The prototype (G-ASHG) rolled out of Hurn assembly hall on 28 July 1963, at which point BAC had received orders for the type from a number of operators. On 20 August 1963, the prototype conducted its first flight, painted in BUA livery. The first flight had taken place almost a year before the Douglas DC-9, a rival American jetliner; BAC considered the One-Eleven to hold a technological edge. The One-Eleven's lead was of significant importance commercially, since, as shown by the Bonanza Air Lines case, US authorities could refuse to approve sales of foreign aircraft to domestic airlines where an American alternative existed (Bonanza ended up ordering and operating the DC-9). Test flying was conducted by Squadron Leader Dave Glaser.
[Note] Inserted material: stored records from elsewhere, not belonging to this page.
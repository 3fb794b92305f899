-- ===== src/TaskExecutor/Termination/Measure.antt =====
-- How far a run is from its end.
use lunar_terrain_builder.Base.{
  ℕ, zero, suc, ◌+◌, ◌-◌, ◌*◌, ◌≤◌, ◌<◌, ◌≡◌, ◌≢◌, ◌⊎◌, inl, inr, refl, arith, true, List, [], ◌∷◌,
  ◌++◌, length, ltb, Bool-cases, Option-cases,
}
use lunar_terrain_builder.TaskExecutor.{
  Outcome, Worker, Shared, Run, Event, turn, cancel, place, after_call, advance, happen, run_events,
  start, has_left, all_left,
}
use lunar_terrain_builder.TaskExecutor.Invariant.{outcome}
use native.Mathlib.Decide.{ℕ_discrete}

abbrev pub rank : Worker → ℕ
rank Worker.looping = 2
rank Worker.fetching = 1
rank (Worker.polling i) = 7
rank (Worker.calling i) = 6
rank (Worker.recording i e) = 4
rank Worker.stopping = 3
rank Worker.left = 0

abbrev pub total : ℕ → (ℕ → Worker) → ℕ
total zero workers = 0
total (suc n) workers = rank (workers n) + total n workers

abbrev pub measure : List Outcome → ℕ → Run → ℕ
measure tasks count r = total count r.workers + 8 * (length tasks - r.shared.next_task)

advance-decreases :
    (tasks : List Outcome) (w : Worker) (s : Shared)
    → w ≢ Worker.left
    → rank (advance tasks w s).0 + 8 * (length tasks - (advance tasks w s).1.next_task)
      < rank w + 8 * (length tasks - s.next_task)
unfolding advance
advance-decreases tasks Worker.looping s h = ground arith
advance-decreases tasks Worker.fetching s h = ground arith
advance-decreases tasks (Worker.polling i) s h = ground arith
advance-decreases tasks (Worker.calling i) s h = elim (Option-cases (outcome tasks i)) [
  | inl fine ↦ rw (fine, after_call) (omega arith)
  | inr (e, failed) ↦ rw (failed, after_call) (omega arith)
]
advance-decreases tasks (Worker.recording i e) s h = omega arith
advance-decreases tasks Worker.stopping s h = omega arith
advance-decreases tasks Worker.left s h = absurd (h refl)

total-above :
    (n j : ℕ) (workers : ℕ → Worker) (w : Worker)
    → n ≤ j
    → total n (place workers j w) ≡ total n workers
unfolding place
total-above zero j workers w h = refl
total-above (suc n) j workers w h = ground (arith, total-above n j workers w (omega arith))

total-place :
    (n j : ℕ) (workers : ℕ → Worker) (w : Worker)
    → j < n
    → total n (place workers j w) + rank (workers j) ≡ total n workers + rank w
unfolding place
total-place zero j workers w h = absurd (omega arith)
total-place (suc n) j workers w h = elim (ℕ_discrete j n) [
  | yes same ↦ rw same (ground (arith, total-above n n workers w (omega arith)))
  | no other ↦ ground (arith, total-place n j workers w (omega arith))
]

pub happen-decreases :
    (tasks : List Outcome) (count j : ℕ) (r : Run)
    → j < count
    → r.workers j ≢ Worker.left
    → measure tasks count (happen tasks count (turn j) r) < measure tasks count r
unfolding happen
happen-decreases tasks count j r below awake =
    let exists' : ltb j count ≡ true = ground arith in
    rw exists' (
      omega (
        arith,
        total-place count j r.workers (advance tasks (r.workers j) r.shared).0 below,
        advance-decreases tasks (r.workers j) r.shared awake,
      ))

-- A worker that has not left, where there is one.
pub all_left-cases :
    (n : ℕ) (workers : ℕ → Worker)
    → (all_left n workers ≡ true) ⊎ ((j : ℕ) × (j < n) × (workers j ≢ Worker.left))
unfolding all_left has_left
all_left-cases zero workers = inl refl
all_left-cases (suc n) workers = elim (Bool-cases (has_left (workers n))) [
  | inr awake ↦ inr (n, omega arith, λ e. cc)
  | inl gone ↦ elim (all_left-cases n workers) [
    | inl all ↦ inl (ground arith)
    | inr (j, below, awake) ↦ inr (j, omega arith, awake)
  ]
]

pub run_events-append :
    (tasks : List Outcome) (count : ℕ) (events more : List Event) (r : Run)
    → run_events tasks count (events ++ more) r
      ≡ run_events tasks count more (run_events tasks count events r)
unfolding run_events
run_events-append tasks count [] more r = refl
run_events-append tasks count (e ∷ events) more r =
    run_events-append tasks count events more (happen tasks count e r)

-- One turn does not lead away from the end.
advance-rank :
    (tasks : List Outcome) (w : Worker) (s : Shared)
    → rank (advance tasks w s).0 + 8 * (length tasks - (advance tasks w s).1.next_task)
      ≤ rank w + 8 * (length tasks - s.next_task)
unfolding advance
advance-rank tasks Worker.left s = omega arith
advance-rank tasks Worker.looping s =
    omega (arith, advance-decreases tasks Worker.looping s (λ e. cc))
advance-rank tasks Worker.fetching s =
    omega (arith, advance-decreases tasks Worker.fetching s (λ e. cc))
advance-rank tasks (Worker.polling i) s =
    omega (arith, advance-decreases tasks (Worker.polling i) s (λ e. cc))
advance-rank tasks (Worker.calling i) s =
    omega (arith, advance-decreases tasks (Worker.calling i) s (λ e. cc))
advance-rank tasks (Worker.recording i x) s =
    omega (arith, advance-decreases tasks (Worker.recording i x) s (λ e. cc))
advance-rank tasks Worker.stopping s =
    omega (arith, advance-decreases tasks Worker.stopping s (λ e. cc))

pub happen-measure :
    (tasks : List Outcome) (count : ℕ) (e : Event) (r : Run)
    → measure tasks count (happen tasks count e r) ≤ measure tasks count r
unfolding happen
happen-measure tasks count cancel r = omega arith
happen-measure tasks count (turn j) r = elim (Bool-cases (ltb j count)) [
  | inr absent ↦ rw absent (omega arith)
  | inl exists' ↦
      let below : j < count = ground arith in
      rw exists' (
        omega (
          arith,
          total-place count j r.workers (advance tasks (r.workers j) r.shared).0 below,
          advance-rank tasks (r.workers j) r.shared,
        ))
]

pub run_events-measure :
    (tasks : List Outcome) (count : ℕ) (events : List Event) (r : Run)
    → measure tasks count (run_events tasks count events r) ≤ measure tasks count r
unfolding run_events
run_events-measure tasks count [] r = omega arith
run_events-measure tasks count (e ∷ events) r = omega (
  arith,
  run_events-measure tasks count events (happen tasks count e r),
  happen-measure tasks count e r,
)

pub start-measure :
    (tasks : List Outcome) (count : ℕ)
    → measure tasks count (start tasks) ≡ 2 * count + 8 * length tasks
unfolding start
start-measure tasks count = omega (arith, looping-total count)
  where
    looping-total : (n : ℕ) → total n (λ j. Worker.looping) ≡ 2 * n
    looping-total zero = refl
    looping-total (suc n) = omega (arith, looping-total n)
The One-Eleven prototype, flown by test pilot Mike Lithgow, crashed on 22 October 1963 during stall testing, with the loss of all on board. The investigation led to the discovery of what became known as deep stall or superstall, a phenomenon caused by reduced airflow to the tailplane caused by the combined blanking effects of the wing and the aft-mounted engine nacelles at high angles of attack, which prevents recovery of normal (nose-down) flight. To prevent such stalls, BAC designed and added devices known as stick shakers and stick pushers to the One-Eleven's control system. It also redesigned the wing's leading edge to smooth airflow into the engines and over the tailplane. The specially modified aircraft used for testing this problem is now preserved at Brooklands Museum.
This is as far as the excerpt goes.